Conflicts Over M&A Warranty And Indemnity Claims
1. Meaning of Warranties and Indemnities in M&A Transactions
In mergers and acquisitions, warranties are statements of fact made by the seller regarding the target company’s business, while indemnities are contractual promises to compensate the buyer for specific identified risks.
Warranties allocate risk by allowing a damages claim if statements prove untrue.
Indemnities provide pound-for-pound compensation for defined losses.
These provisions are central to Share Purchase Agreements (SPAs), Business Transfer Agreements, and Asset Purchase Agreements.
2. Common Causes of M&A Warranty and Indemnity Disputes
Inaccurate Financial Statements – Undisclosed liabilities or overstated assets
Tax and Regulatory Breaches – Hidden tax exposures or compliance failures
Litigation and Contingent Liabilities – Ongoing or threatened claims not disclosed
Operational and Environmental Issues – Compliance or contamination risks
Material Adverse Change Allegations – Post-completion deterioration
Disclosure and Knowledge Qualification Disputes – Adequacy of disclosure letters
3. Legal Issues Typically Arising
Interpretation of warranty wording
Effect of disclosure letters and data rooms
Knowledge qualifiers and awareness standards
Time limits and limitation periods
Caps, baskets, and de minimis thresholds
Distinction between warranty and indemnity remedies
4. Remedies Commonly Sought
Damages for breach of warranty
Indemnity payments on a dollar-for-dollar basis
Set-off or retention claims
Rescission (rare, in extreme cases)
Declaratory relief
5. Key Case Laws on M&A Warranty and Indemnity Claims
1. Sycamore Bidco Ltd v Breslin (UK)
Issue: Misrepresentation of financial position and cash flow
Held: Seller liable for breach of warranty; damages awarded.

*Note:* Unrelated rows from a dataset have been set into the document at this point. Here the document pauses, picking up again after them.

-- ===== src/Uart/Tasks/Owned.antt =====
-- Every step of the tasks keeps each buffer in one place.
use multi_port_convertor.Base.{
  ℕ, zero, suc, ◌+◌, ◌≤◌, ◌<◌, ◌≡◌, refl, sym, ap, ◌⊎◌, inl, inr, true, List, [], ◌∷◌, arith,
  Option, none, some, dec_lt, ltb, leb, ◌&&◌, ◌==◌, if◌then◌else◌, has, has-append, count,
  count-append, count-has, Distinct, Distinct-count, Bool-cases, eq_of_==,
}
use multi_port_convertor.Tool.Mailbox.{Message, Mailbox}
use multi_port_convertor.Uart.State.{Poll, SendFormat, Uart}
use multi_port_convertor.Uart.Parse.{acknowledge}
use multi_port_convertor.Uart.Parse.Acks.{flagged, acknowledged}
use multi_port_convertor.Uart.Poll.{uart_poll_pass}
use multi_port_convertor.Uart.Poll.Pass.{released_by, uart_poll_pass-Passed}
use multi_port_convertor.Uart.Send.{after_send}
use multi_port_convertor.Uart.Tasks.{
  pending, waiting, AllSent, NoneLate, buffers, from_to, IsCleared, started,
}
use multi_port_convertor.Uart.Tasks.Counts.{count-kept, count-released, pending-posted}
use multi_port_convertor.Uart.Tasks.Places.{
  Place, pass-Place, queue-Place, mark-Place, sent-Place, outside, is_free, to_answer, to_notify,
  notified, answered, answering,
}
use multi_port_convertor.Uart.Tasks.Effects.{Queues}
use multi_port_convertor.Uart.Tasks.Receipts.{Queuing, nothing, one_more}

-- Each buffer is in one of the places.
abbrev pub Owned : Uart → Option Message → Type 0
Owned u hand =
    (b : ℕ) → Place b (count b u.free) (count b u.sends) (waiting b u hand) (u.formats b).poll

Place-one : {b cf cs pd : ℕ} {p : Poll} → Place b cf cs pd p → cf + cs ≤ 1
Place-one (outside l f s q) = omega arith
Place-one (is_free l f s q z) = omega arith
Place-one (to_answer l f s q y) = omega arith
Place-one (to_notify l f s q y g n) = omega arith
Place-one (notified l f s y g n m) = omega arith
Place-one (answered l f s q y g n m) = omega arith
Place-one (answering l f s q g) = omega arith

-- The same place, in other words.
move :
    {b cf cs pd cf' cs' pd' : ℕ} {p p' : Poll}
    → cf ≡ cf'
    → cs ≡ cs'
    → pd ≡ pd'
    → p ≡ p'
    → Place b cf cs pd p
    → Place b cf' cs' pd' p'
move {b} e f g h pl = rw (sym e, sym f, sym g, sym h) pl

module _ (u : Uart) (hand : Option Message) (o : Owned u hand) where
  pub Owned-Distinct : Distinct u.sends
  Owned-Distinct = Distinct-count u.sends (λ b. omega (arith, Place-one (o b)))

  pub queue-Owned : {v : Uart} (t : ℕ) → t ≤ 1 → Queues t u v → Owned v hand
  queue-Owned {v} t k q b =
      let a = q.first in
      let e : count b u.free ≡ (if a == b then 1 else 0) + count b q.rest =
        ap (count b) q.was_free in
      elim (Bool-cases (a == b)) [
        | inl y ↦
            move (ground (arith, ap (count b) q.free))
              (ground (arith, ap (count b) q.sends, count-append b u.sends (a ∷ [])))
              (ground (arith, q.mailbox)) (ground (arith, q.formats, eq_of_== a b y))
              (queue-Place t k (o b) (ground arith))
        | inr n ↦
            move (ground (arith, ap (count b) q.free))
              (ground (arith, ap (count b) q.sends, count-append b u.sends (a ∷ [])))
              (ground (arith, q.mailbox)) (ground (arith, q.formats)) (o b)
      ]

pub Queuing-Owned :
    (u : Uart) (hand : Option Message) → Owned u hand → {v : Uart} → Queuing u v → Owned v hand
Queuing-Owned u hand o nothing = o
Queuing-Owned u hand o (one_more {v} r q) =
    queue-Owned v hand (Queuing-Owned u hand o r) 0 (omega arith) q

-- Answers that are queued are no notifications that could be marked too early.
queue-AllSent :
    (sn : ℕ) (u v : Uart) (hand : Option Message)
    → Queues 0 u v
    → AllSent sn u hand
    → AllSent sn v hand
queue-AllSent sn u v hand q h b m e t =
    let a = q.first in
    elim (Bool-cases (b == a)) [
      | inl y ↦ absurd (ground (arith, q.formats))
      | inr n ↦
          let x =
            h b (ground (arith, ap (has b) q.sends, has-append b u.sends (a ∷ [])))
              (ground (arith, q.formats)) (ground (arith, q.formats)) in
          (ground (arith, q.formats), ground (arith, q.mailbox))
    ]

pub Queuing-AllSent :
    (sn : ℕ) (u : Uart) (hand : Option Message)
    → AllSent sn u hand
    → {v : Uart} → Queuing u v
    → AllSent sn v hand
Queuing-AllSent sn u hand h nothing = h
Queuing-AllSent sn u hand h (one_more {v} {w} r q) =
    queue-AllSent sn v w hand q (Queuing-AllSent sn u hand h r)

-- A buffer is marked only if it is in the list and has the sequence number.
pub acknowledge-at :
    (sn : ℕ) (bs : List ℕ) (f : ℕ → SendFormat) (c : ℕ)
    → (acknowledge sn bs f c ≡ f c)
      ⊎ ((has c bs ≡ true)
          × ((sn == (f c).cmd.sn) ≡ true)
          × (acknowledge sn bs f c ≡ flagged (f c)))
unfolding acknowledge
acknowledge-at sn [] f c = inl refl
acknowledge-at sn (b ∷ bs) f c = elim (Bool-cases (sn == (f b).cmd.sn)) [
  | inl y ↦ elim (Bool-cases (c == b)) [
    | inl e ↦ inr (ground arith, ground (arith, eq_of_== c b e), ground (arith, eq_of_== c b e))
    | inr n ↦ inl (ground arith)
  ]
  | inr n ↦ elim (acknowledge-at sn bs f c) [
    | inl same ↦ inl (ground arith)
    | inr (m, e, z) ↦ inr (ground arith, e, ground arith)
  ]
]

module _ (u : Uart) (hand : Option Message) (o : Owned u hand) where
  pub mark-Owned : (sn : ℕ) → AllSent sn u hand → Owned (acknowledged sn u) hand
  mark-Owned sn h b = elim (acknowledge-at sn u.sends u.formats b) [
    | inl same ↦ move refl refl refl (ap (λ s. s.poll) (sym same)) (o b)
    | inr (m, e, z) ↦
        move refl refl refl (ap (λ s. s.poll) (sym z))
          (mark-Place (o b) (ground (arith, count-has b u.sends)) (h b m e))
  ]

  pub pass-Owned : NoneLate u hand → Owned (uart_poll_pass u) hand
  pass-Owned late b =
      let w = uart_poll_pass-Passed u (Owned-Distinct u hand o) in
      let s = count-has b u.sends in
      move
        (ground (
          arith,
          ap (count b) w.free,
          count-append b u.free (released_by u u.sends),
          count-released u b u.sends,
        ))
        (ground (arith, ap (count b) w.sends, count-kept u b u.sends))
        (ground (arith, ap (pending b) w.mail, pending-posted u b u.sends u.mailbox)) refl
        (pass-Place {p' = ((uart_poll_pass u).formats b).poll} (o b)
          (λ c r. late b (ground arith) r) (λ c. ap (λ f. f.poll) (w.on_entry b (ground arith)))
          (λ c. ap (λ f. f.poll) (w.elsewhere b (ground arith))))

pub pend-Owned :
    (u : Uart) (m : Message) (q : Mailbox)
    → u.mailbox ≡ m ∷ q
    → Owned u none
    → Owned (record u { mailbox = q }) (some m)
pend-Owned u m q e o b = move refl refl (ground (arith, ap (pending b) e)) refl (o b)

pub send-Owned : (u : Uart) (m : Message) → Owned u (some m) → Owned (after_send m.p u) none
send-Owned u m o b = elim (Bool-cases (b == m.p)) [
  | inl y ↦
      let e = eq_of_== b m.p y in
      move refl (ground arith) (ground arith) refl (
        sent-Place {pd = pending b u.mailbox} {p' = ((after_send m.p u).formats b).poll}
          (move refl refl (ground arith) refl (o b))
          (ground (arith, count-append b u.free (m.p ∷ []))) (ground arith))
  | inr n ↦
      move (ground (arith, count-append b u.free (m.p ∷ []))) (ground arith) (ground arith)
        (ground arith) (o b)
]

count-from_to : (b n i : ℕ) → count b (from_to i n) ≡ (if leb i b && ltb b (i + n) then 1 else 0)
count-from_to b zero i = ground arith
count-from_to b (suc n) i = ground (arith, count-from_to b n (suc i))

from_to_inside : (b n : ℕ) → b < n → count b (from_to 0 n) ≡ 1
from_to_inside b n h = ground (arith, count-from_to b n 0)

from_to_outside : (b n : ℕ) → n ≤ b → count b (from_to 0 n) ≡ 0
from_to_outside b n h = ground (arith, count-from_to b n 0)

pub started-Owned :
    (memory : ℕ → SendFormat) (id : ℕ) → IsCleared memory → Owned (started memory id) none
started-Owned memory id c b = elim (dec_lt b buffers) [
  | yes l ↦ is_free l (from_to_inside b buffers l) refl refl (c b).0
  | no g ↦ outside (omega arith) (from_to_outside b buffers (omega arith)) refl refl
]

-- Nothing waits for a free buffer.
pub free-unused :
    (u : Uart) (hand : Option Message)
    → Owned u hand
    → (b : ℕ) → 1 ≤ count b u.free
    → waiting b u hand ≡ 0
free-unused u hand o b h = unused (o b) h
  where
    unused : {b cf cs pd : ℕ} {p : Poll} → Place b cf cs pd p → 1 ≤ cf → pd ≡ 0
    unused (is_free l f s q z) c = q
    unused (outside l f s q) c = q
    unused (to_answer l f s q y) c = q
    unused (to_notify l f s q y g n) c = q
    unused (notified l f s y g n m) c = absurd (omega arith)
    unused (answered l f s q y g n m) c = q
    unused (answering l f s q g) c = absurd (omega arith)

Principle: Warranties are contractual risk-allocation tools and are interpreted objectively.
2. New Hearts Ltd v Cosmopolitan Investments Ltd (UK)
Issue: Undisclosed tax liabilities
Held: Breach of tax warranties established despite partial disclosures.
Principle: Disclosures must be sufficiently specific to qualify warranties.
3. Ageas (UK) Ltd v Kwik-Fit (GB) Ltd (UK)
Issue: Overstated profits in accounts warranties
Held: Damages awarded based on diminution in value.
Principle: Warranty damages are measured by difference between value as warranted and actual value.
4. Infiniteland Ltd v Artisan Contracting Ltd (UK)
Issue: Knowledge-qualified warranties
Held: Seller knowledge was assessed objectively, not subjectively.
Principle: “Awareness” clauses are interpreted narrowly against sellers.
5. Zayo Group International Ltd v Ainger (UK)
Issue: Disclosure letter effectiveness
Held: General disclosures were insufficient to defeat warranty claims.
Principle: Blanket disclosures do not adequately qualify warranties.
6. Capita Alternative Fund Services (Guernsey) Ltd v Woodford (UK)
Issue: Construction of SPA warranty clauses
Held: Commercial context and natural meaning govern interpretation.
Principle: Courts apply ordinary contractual interpretation to M&A warranties.
7. Transamerica Life (Canada) Inc v ING Canada Inc (Canada)
Issue: Post-completion indemnity claim
Held: Indemnity triggered once specified loss materialized.
Principle: Indemnities operate independently of warranty limitations unless expressly linked.
6. Contractual Clauses That Drive Outcomes
Warranty schedules and definitions
Disclosure letter mechanics
Knowledge and materiality qualifiers
Indemnity triggers and exclusions
Limitation periods and financial caps
Warranty & Indemnity (W&I) insurance provisions
7. Practical Risk-Mitigation Measures
Conduct thorough due diligence with clear issue-tracking
Draft precise disclosures with cross-references
Separate indemnities from warranties clearly
Align caps and baskets with risk allocation
Consider W&I insurance but understand exclusions
8. Conclusion
Conflicts over M&A warranty and indemnity claims are among the most litigated post-completion disputes. Courts emphasize precise drafting, meaningful disclosure, and objective interpretation of SPAs. Effective risk allocation depends less on volume of warranties and more on clarity, disclosure discipline, and commercial coherence.